[Exercise description] The entries are given below. Output each one unchanged.

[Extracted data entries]
========================================================================

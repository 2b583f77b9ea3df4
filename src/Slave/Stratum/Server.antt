-- ===== src/Slave/Stratum/Server.antt =====
-- The connections of the Stratum server: `handleStratumConns`, its pinger and `sendJobs` of
-- cmd/slave/stratum.go. The server's own mutex makes the pinger and `sendJobs` one step each; a new
-- connection is listed without it, which is one step here where no other comes in between. A step
-- that waits for the mutex of a connection, which only that connection's handler can give back, is
-- `none`.
use xelis_pool.Common.{
  ℕ, ◌+◌, ◌%◌, ◌^◌, ◌≡◌, refl, Bool, true, Bool-cases, inl, inr, Option, none, some, List, [], ◌∷◌,
  ◌++◌, if◌then◌else◌,
}
use xelis_pool.Common.Options.{◌>>=◌}
use xelis_pool.Common.Bytes.{Bytes}
use xelis_pool.RateLimit.{Conns, Limiter, can_do_action}
use xelis_pool.Slave.Sweep.{sweep, admit}
use xelis_pool.Slave.Stratum.{Message, ping, StratumConn, send_stratum}
use xelis_pool.Master.Float.{Float}

module _ (float : Float) where
  open float use {F, of_ℕ}

  pub record Served : Type 0 where
    pub conns : List (StratumConn float)
    pub open_conns : Conns

  -- The pings of the connections, in their order.
  unfoldable pub ping_all :
      List (StratumConn float) → Option (List (StratumConn float) × List Message)
  ping_all [] = some ([], [])
  ping_all (c ∷ cs) =
      let rest = ping_all cs in
      if c.client.miner.locked then none else (do
        (cs', sent) ← rest
        let id = (c.last_out_id + 1) % 2 ^ 32
        some (record c { last_out_id = id } ∷ cs', ping id ∷ sent))

  -- `None` while a mutex is held: the pinger then waits with the server's mutex in its hands.
  unfoldable pub ping_conns : Served → Option (Served × List Message)
  unfolding ping_all
  ping_conns s = do (cs, sent) ← ping_all s.conns; some (record s { conns = cs }, sent)

  abbrev pub ip_of : StratumConn float → Bytes
  ip_of c = c.ip

  abbrev pub is_alive : StratumConn float → Bool
  is_alive c = c.alive

  -- A new connection, refused by the limit of the rate or of the open connections, or listed.
  unfoldable pub accept : ℕ → StratumConn float → Limiter → Served → Limiter × Served
  unfolding admit
  accept now c l s =
      let (l', allowed) = can_do_action c.ip 10 now l in
      let (conns, open_conns) = admit ip_of is_alive c s.conns s.open_conns in
      (l', if allowed then record { conns = conns; open_conns = open_conns } else s)

  module _ (min_difficulty : ℕ) (pool_nonce : Bytes) (diff : ℕ) (blob : Bytes) where
    -- Each connection is sent the job once its mutex is free; `job_ids` are the random ids, and
    -- `seconds` the times since the last shares.
    unfoldable pub send_all :
        (ℕ → Bytes)
        → (ℕ → F)
        → ℕ
        → List (StratumConn float)
        → List (StratumConn float × List Message)
    unfolding send_stratum
    send_all job_ids seconds n [] = []
    send_all job_ids seconds n (c ∷ cs) =
        (if c.client.miner.locked
          then (c, [])
          else send_stratum float min_difficulty (seconds n) (job_ids n) pool_nonce diff blob c)
        ∷ send_all job_ids seconds (n + 1) cs

    unfoldable pub send_jobs :
        (ℕ → Bytes) → (ℕ → F) → Served → Conns × List (StratumConn float × List Message)
    unfolding sweep send_all
    send_jobs job_ids seconds s =
        let (cs, open_conns) = sweep ip_of is_alive s.conns s.open_conns in
        (open_conns, send_all job_ids seconds 0 cs)

  -- A connection whose mutex is held is pinged never, and nothing else is pinged or, since the
  -- server's mutex is held as well, served.
  pub ping_all-locked :
      (before behind : List (StratumConn float)) (c : StratumConn float)
      → c.client.miner.locked ≡ true
      → ping_all (before ++ (c ∷ behind)) ≡ none
  unfolding ping_all
  ping_all-locked [] behind c h = rw h refl
  ping_all-locked (b ∷ before) behind c h = elim (Bool-cases b.client.miner.locked) [
    | inl held ↦ rw held refl
    | inr free ↦ rw (free, ping_all) (rw (ping_all-locked before behind c h) refl)
  ]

========================================================================

[Solution to this task]
repository 2b583f77b9ea3df4
filename src/Slave/Stratum/Server.antt
-- ===== src/Slave/Stratum/Server.antt =====
-- The connections of the Stratum server: `handleStratumConns`, its pinger and `sendJobs` of
-- cmd/slave/stratum.go. The server's own mutex makes the pinger and `sendJobs` one step each; a new
-- connection is listed without it, which is one step here where no other comes in between. A step
-- that waits for the mutex of a connection, which only that connection's handler can give back, is
-- `none`.
use xelis_pool.Common.{
  ℕ, ◌+◌, ◌%◌, ◌^◌, ◌≡◌, refl, Bool, true, Bool-cases, inl, inr, Option, none, some, List, [], ◌∷◌,
  ◌++◌, if◌then◌else◌,
}
use xelis_pool.Common.Options.{◌>>=◌}
use xelis_pool.Common.Bytes.{Bytes}
use xelis_pool.RateLimit.{Conns, Limiter, can_do_action}
use xelis_pool.Slave.Sweep.{sweep, admit}
use xelis_pool.Slave.Stratum.{Message, ping, StratumConn, send_stratum}
use xelis_pool.Master.Float.{Float}

module _ (float : Float) where
  open float use {F, of_ℕ}

  pub record Served : Type 0 where
    pub conns : List (StratumConn float)
    pub open_conns : Conns

  -- The pings of the connections, in their order.
  unfoldable pub ping_all :
      List (StratumConn float) → Option (List (StratumConn float) × List Message)
  ping_all [] = some ([], [])
  ping_all (c ∷ cs) =
      let rest = ping_all cs in
      if c.client.miner.locked then none else (do
        (cs', sent) ← rest
        let id = (c.last_out_id + 1) % 2 ^ 32
        some (record c { last_out_id = id } ∷ cs', ping id ∷ sent))

  -- `None` while a mutex is held: the pinger then waits with the server's mutex in its hands.
  unfoldable pub ping_conns : Served → Option (Served × List Message)
  unfolding ping_all
  ping_conns s = do (cs, sent) ← ping_all s.conns; some (record s { conns = cs }, sent)

  abbrev pub ip_of : StratumConn float → Bytes
  ip_of c = c.ip

  abbrev pub is_alive : StratumConn float → Bool
  is_alive c = c.alive

  -- A new connection, refused by the limit of the rate or of the open connections, or listed.
  unfoldable pub accept : ℕ → StratumConn float → Limiter → Served → Limiter × Served
  unfolding admit
  accept now c l s =
      let (l', allowed) = can_do_action c.ip 10 now l in
      let (conns, open_conns) = admit ip_of is_alive c s.conns s.open_conns in
      (l', if allowed then record { conns = conns; open_conns = open_conns } else s)

  module _ (min_difficulty : ℕ) (pool_nonce : Bytes) (diff : ℕ) (blob : Bytes) where
    -- Each connection is sent the job once its mutex is free; `job_ids` are the random ids, and
    -- `seconds` the times since the last shares.
    unfoldable pub send_all :
        (ℕ → Bytes)
        → (ℕ → F)
        → ℕ
        → List (StratumConn float)
        → List (StratumConn float × List Message)
    unfolding send_stratum
    send_all job_ids seconds n [] = []
    send_all job_ids seconds n (c ∷ cs) =
        (if c.client.miner.locked
          then (c, [])
          else send_stratum float min_difficulty (seconds n) (job_ids n) pool_nonce diff blob c)
        ∷ send_all job_ids seconds (n + 1) cs

    unfoldable pub send_jobs :
        (ℕ → Bytes) → (ℕ → F) → Served → Conns × List (StratumConn float × List Message)
    unfolding sweep send_all
    send_jobs job_ids seconds s =
        let (cs, open_conns) = sweep ip_of is_alive s.conns s.open_conns in
        (open_conns, send_all job_ids seconds 0 cs)

  -- A connection whose mutex is held is pinged never, and nothing else is pinged or, since the
  -- server's mutex is held as well, served.
  pub ping_all-locked :
      (before behind : List (StratumConn float)) (c : StratumConn float)
      → c.client.miner.locked ≡ true
      → ping_all (before ++ (c ∷ behind)) ≡ none
  unfolding ping_all
  ping_all-locked [] behind c h = rw h refl
  ping_all-locked (b ∷ before) behind c h = elim (Bool-cases b.client.miner.locked) [
    | inl held ↦ rw held refl
    | inr free ↦ rw (free, ping_all) (rw (ping_all-locked before behind c h) refl)
  ]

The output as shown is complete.